The paper will present and interpret data gathered from three random samples of 1,000 digital surrogates that represent the full range of source volumes digitized by Google and other third party vendors. Proportional and systematic sampling of page-images within each volume in the samples produced a study set of over 350,000 page images, which were evaluated visually by highly trained coders working in two university libraries in different parts of the country. Using a web-enabled database system, coders assigned error severity scores for up to eleven possible errors in a carefully constructed model. The paper will describe the error model and then present findings on three research issues: (1) the ability of multiple coders to detect and rate page-image error reliably; (2) the distribution of page-image error across digitized volumes and sequentially within volumes; and (3) the co-occurrence of errors in the model. The findings on page-image error also provide a foundation for assessing the impact of error on underlying full-text data, on the readability of digitized books in an online environment, and on the subsequent management of physical print collections.
This research is funded by the US Institute of Museum and Library Services and The Andrew W. Mellon Foundation. Additional details about the project, including its metrics and progress, may be found on the project’s website: http://hathitrust-quality.projects.si.umich.edu/
As documentary photographs, real photo postcard (RPPC) street scenes are rich sites of cultural and social memory, valuable visual artefacts that deserve preservation and study. Street scenes are broad views of business districts and roadside attractions, and the period under study, 1930-1950, offer insights into popular culture, business activity, entertainment venues, population, race, gender and numerous aspects of social life. Walker Evans, a pioneer of American documentary photography, whose renowed work appears in teh 1941 Depression era class, And Now Let Us Praise Famous Men said that postcard street scenes are “a veritable catalog of the American experience (Willens, 2009).” Evans began collecting postcards at the age of twelve, and amassed a collection of over 9,000 exemplars. Street scenes represented the largest category in his collection. My presentation will examine the research value of RPPC street scenes in the context of a method borrowed from anthropology called rephotography. Rephotography is “a method used to monitor physical changes to places and people (Slyomovics, 2009, 460).” Postcards are a record and mirror of movement, of growth, of flux of people and society (Black & Klein, 1996).
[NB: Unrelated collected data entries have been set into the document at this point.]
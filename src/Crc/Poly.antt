-- ===== src/Crc/Poly.antt =====
-- The byte step of 9-crc32/main.c against the usual definition of CRC-32, and that no change of a
-- byte goes unnoticed.
use Prim.Native.Nat.{bit_and, bit_xor}
use native.Mathlib.Nat.{pow-suc}
use native.Mathlib.Decide.{dec_lt}
use otus_c.Common.{ℕ, zero, suc, ◌+◌, ◌*◌, ◌/◌, ◌%◌, ◌^◌, ◌≤◌, ◌<◌, ◌≡◌, ◌≢◌, refl, sym, ap, ◌∙◌}
use otus_c.Common.{List, [], ◌∷◌, ◌++◌, arith, ltb, ◌==◌, if◌then◌else◌, Bool-cases, inl, inr}
use otus_c.Common.Bits.{bit_xor-half, bit_xor-low, bit_xor_lt, bit_xor_comm, bit_xor_assoc}
use otus_c.Common.Bits.{bit_xor-zero, bit_xor_cancel, bit_xor_inj, bit_and-one}
use otus_c.Crc.{promote, shift_char, crc32_rounds, crc32_bitwise, crc32_bytes}

abbrev pub poly : ℕ
poly = 0xEDB88320

-- Division of a polynomial by `x`, in the reflected order of the bits: the lowest bit leaves.
pub divide : ℕ → ℕ
divide x = if x % 2 == 0 then x / 2 else bit_xor (x / 2) poly

pub divide_times : ℕ → ℕ → ℕ
divide_times zero x = x
divide_times (suc n) x = divide_times n (divide x)

-- The lowest bit of `ch ^ crc`.
low_bit : (crc ch : ℕ) → bit_and (bit_xor (promote ch) crc) 1 ≡ (crc + ch) % 2
low_bit crc ch = bit_and-one _ ∙ bit_xor-low (promote ch) crc ∙ ground arith

-- One round of the loop, where the not yet used part of the byte is `byte`.
divide-bit_xor :
    (crc byte : ℕ)
    → divide (bit_xor crc byte)
      ≡ bit_xor (if (crc + byte) % 2 == 0 then crc / 2 else bit_xor (crc / 2) poly) (byte / 2)
unfolding divide
divide-bit_xor crc byte =
    rw (bit_xor-low, bit_xor-half)
      (elim (Bool-cases ((crc + byte) % 2 == 0)) [
        | inl e ↦ rw e
        | inr e ↦ rw e (
            bit_xor_assoc (crc / 2) (byte / 2) poly
            ∙ ap (bit_xor (crc / 2)) (bit_xor_comm (byte / 2) poly)
            ∙ sym (bit_xor_assoc (crc / 2) poly (byte / 2)))
      ])

-- The bits above the `n` that are left do not count.
crc32_rounds-divide :
    (n q s crc ch byte : ℕ)
    → 2 ^ n * q ≡ 256
    → byte < 2 ^ n
    → ch ≡ byte + 2 ^ n * s
    → crc32_rounds n crc ch ≡ divide_times n (bit_xor crc byte)
unfolding crc32_rounds divide_times
crc32_rounds-divide zero q s crc ch byte e l c =
    let none_left : byte ≡ 0 = omega arith in rw (none_left, bit_xor-zero)
crc32_rounds-divide (suc n) q s crc ch byte e l c =
    rw (low_bit crc ch, same_bit, divide-bit_xor crc byte)
      (crc32_rounds-divide n (2 * q) (if ltb ch 128 then s else s + q) _ (shift_char ch) (byte / 2)
        (omega (arith, pow-suc 2 n, twice q, twice s))
        (omega (arith, pow-suc 2 n, twice q, twice s)) shifted)
  where
    twice : (t : ℕ) → 2 ^ suc n * t ≡ 2 * (2 ^ n * t)
    twice t = omega (arith, ap (λ (u : ℕ). u * t) (pow-suc 2 n))

    same_bit : (crc + ch) % 2 ≡ (crc + byte) % 2
    same_bit = omega (arith, pow-suc 2 n, twice q, twice s)

    shifted : shift_char ch ≡ byte / 2 + 2 ^ n * (if ltb ch 128 then s else s + q)
    shifted = elim (Bool-cases (ltb ch 128)) [
      | inl low ↦ rw low (omega (arith, pow-suc 2 n, twice q, twice s))
      | inr high ↦ rw high (omega (arith, pow-suc 2 n, twice q, twice s))
    ]

-- For every 32-bit CRC and byte, the loop of `crc32_bitwise`, which takes in the byte bit by bit
-- and as a signed `char`, gives the textbook step: exclusive or with the byte, then eight divisions.
pub crc32_bitwise-divide :
    (crc ch : ℕ) → ch < 256 → crc32_bitwise crc ch ≡ divide_times 8 (bit_xor crc ch)
unfolding crc32_bitwise
crc32_bitwise-divide crc ch h = crc32_rounds-divide 8 1 0 crc ch ch refl h (omega arith)

-- The generator has its top bit set, so the top bit of a quotient tells the bit that left.
divide_bounds :
    (x : ℕ)
    → x < 2 ^ 32
    → (divide x < 2 ^ 32) × (x % 2 ≡ 0 → divide x < 2 ^ 31) × (x % 2 ≡ 1 → 2 ^ 31 ≤ divide x)
unfolding divide
divide_bounds x h = ground (arith, bit_xor_lt 32 (x / 2) poly (omega arith) (omega arith), top)
  where
    top : 2 ^ 31 ≤ bit_xor (x / 2) poly
    top = elim (dec_lt (bit_xor (x / 2) poly) (2 ^ 31)) [
      | yes p ↦
          absurd (omega (arith, bit_xor_lt 31 (bit_xor (x / 2) poly) (x / 2) p (omega arith), back))
      | no p ↦ omega arith
    ]
      where
        back : bit_xor (bit_xor (x / 2) poly) (x / 2) ≡ poly
        back = ap (λ t. bit_xor t (x / 2)) (bit_xor_comm (x / 2) poly) ∙ bit_xor_cancel poly (x / 2)

divide_inj : (x y : ℕ) → x < 2 ^ 32 → y < 2 ^ 32 → divide x ≡ divide y → x ≡ y
unfolding divide
divide_inj x y p q e =
    ground (arith, divide_bounds x p, divide_bounds y q, bit_xor_inj (x / 2) (y / 2) poly)

divide_times_lt : (n x : ℕ) → x < 2 ^ 32 → divide_times n x < 2 ^ 32
unfolding divide_times
divide_times_lt zero x h = h
divide_times_lt (suc n) x h = divide_times_lt n (divide x) (divide_bounds x h).0

divide_times_inj :
    (n x y : ℕ) → x < 2 ^ 32 → y < 2 ^ 32 → divide_times n x ≡ divide_times n y → x ≡ y
unfolding divide_times
divide_times_inj zero x y p q e = e
divide_times_inj (suc n) x y p q e =
    divide_inj x y p q
      (divide_times_inj n (divide x) (divide y) (divide_bounds x p).0 (divide_bounds y q).0 e)

abbrev pub IsBytes : List ℕ → Type 0
IsBytes [] = Unit
IsBytes (b ∷ bs) = (b < 256) × IsBytes bs

pub crc32_bytes_lt :
    (crc : ℕ) (bs : List ℕ) → crc < 2 ^ 32 → IsBytes bs → crc32_bytes crc bs < 2 ^ 32
unfolding crc32_bytes
crc32_bytes_lt crc [] h k = h
crc32_bytes_lt crc (b ∷ bs) h (k, ks) =
    crc32_bytes_lt (crc32_bitwise crc b) bs
      (rw (crc32_bitwise-divide crc b k)
        (divide_times_lt 8 (bit_xor crc b) (bit_xor_lt 32 crc b h (omega arith))))
      ks

-- The step loses nothing of the CRC, nor of the byte.
crc32_bitwise_inj :
    (crc crc' ch ch' : ℕ)
    → crc < 2 ^ 32
    → crc' < 2 ^ 32
    → ch < 256
    → ch' < 256
    → crc32_bitwise crc ch ≡ crc32_bitwise crc' ch'
    → bit_xor crc ch ≡ bit_xor crc' ch'
crc32_bitwise_inj crc crc' ch ch' p q r s e =
    divide_times_inj 8 (bit_xor crc ch) (bit_xor crc' ch') (bit_xor_lt 32 crc ch p (omega arith))
      (bit_xor_lt 32 crc' ch' q (omega arith))
      (sym (crc32_bitwise-divide crc ch r) ∙ e ∙ crc32_bitwise-divide crc' ch' s)

step_lt : (crc ch : ℕ) → crc < 2 ^ 32 → ch < 256 → crc32_bitwise crc ch < 2 ^ 32
unfolding crc32_bytes
step_lt crc ch h k = crc32_bytes_lt crc (ch ∷ []) h (k, tt)

crc32_bytes_inj :
    (crc crc' : ℕ) (bs : List ℕ)
    → crc < 2 ^ 32
    → crc' < 2 ^ 32
    → IsBytes bs
    → crc32_bytes crc bs ≡ crc32_bytes crc' bs
    → crc ≡ crc'
unfolding crc32_bytes
crc32_bytes_inj crc crc' [] p q r e = e
crc32_bytes_inj crc crc' (b ∷ bs) p q (r, rs) e = bit_xor_inj crc crc' b (
    crc32_bitwise_inj crc crc' b b p q r r (
      crc32_bytes_inj (crc32_bitwise crc b) (crc32_bitwise crc' b) bs (step_lt crc b p r)
        (step_lt crc' b q r) rs e))

-- A change of one byte, wherever it stands, changes the CRC.
pub crc32_bytes-change :
    (crc b b' : ℕ) (xs ys : List ℕ)
    → crc < 2 ^ 32
    → b < 256
    → b' < 256
    → IsBytes xs
    → IsBytes ys
    → b ≢ b'
    → crc32_bytes crc (xs ++ (b ∷ ys)) ≢ crc32_bytes crc (xs ++ (b' ∷ ys))
unfolding crc32_bytes
crc32_bytes-change crc b b' [] ys p q r s t ne e = ne (
    bit_xor_inj b b' crc (
      bit_xor_comm b crc
      ∙ crc32_bitwise_inj crc crc b b' p p q r (
          crc32_bytes_inj (crc32_bitwise crc b) (crc32_bitwise crc b') ys (step_lt crc b p q)
            (step_lt crc b' p r) t e)
      ∙ bit_xor_comm crc b'))
crc32_bytes-change crc b b' (x ∷ xs) ys p q r (s, ss) t ne e =
    crc32_bytes-change (crc32_bitwise crc x) b b' xs ys (step_lt crc x p s) q r ss t ne e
RPPC street scenes are rapidly disappearing, and this presentation is intended to draw attention to the need to preserve them, physically and digitally, so that the social memories they represent are not lost to future generations.
Social Collecting as Community Archives
This presentation will explore the everyday personal and community archives built in social media. Drawing on my dissertation project, in which I employ extended case study methodology to analyze collecting and curation on Social Media Sites such as Twitter, Tumblr, Pinterest, YouTube, Flickr, and Facebook. The cases examined include an intergenerational local history group formed in Facebook; an unprecedented activist effort on YouTube; an accidental archive grown out of Twitter, and a vibrant community built around self-portraits on Flickr. My project is grounded in critical theories of archival science. However, the findings can make an important contribution to the design and development of social computing software.
The project I present is organized around these questions:
1. How do social media platforms facilitate collaborative collections? What are the prominent types of collections, and how do they function?
2. How do social media collections function as community archives?
3. What is the relationship between social media platforms and the collections built in them? How can archival practice accommodate these collections, and how can platforms be better designed to facilitate preservation?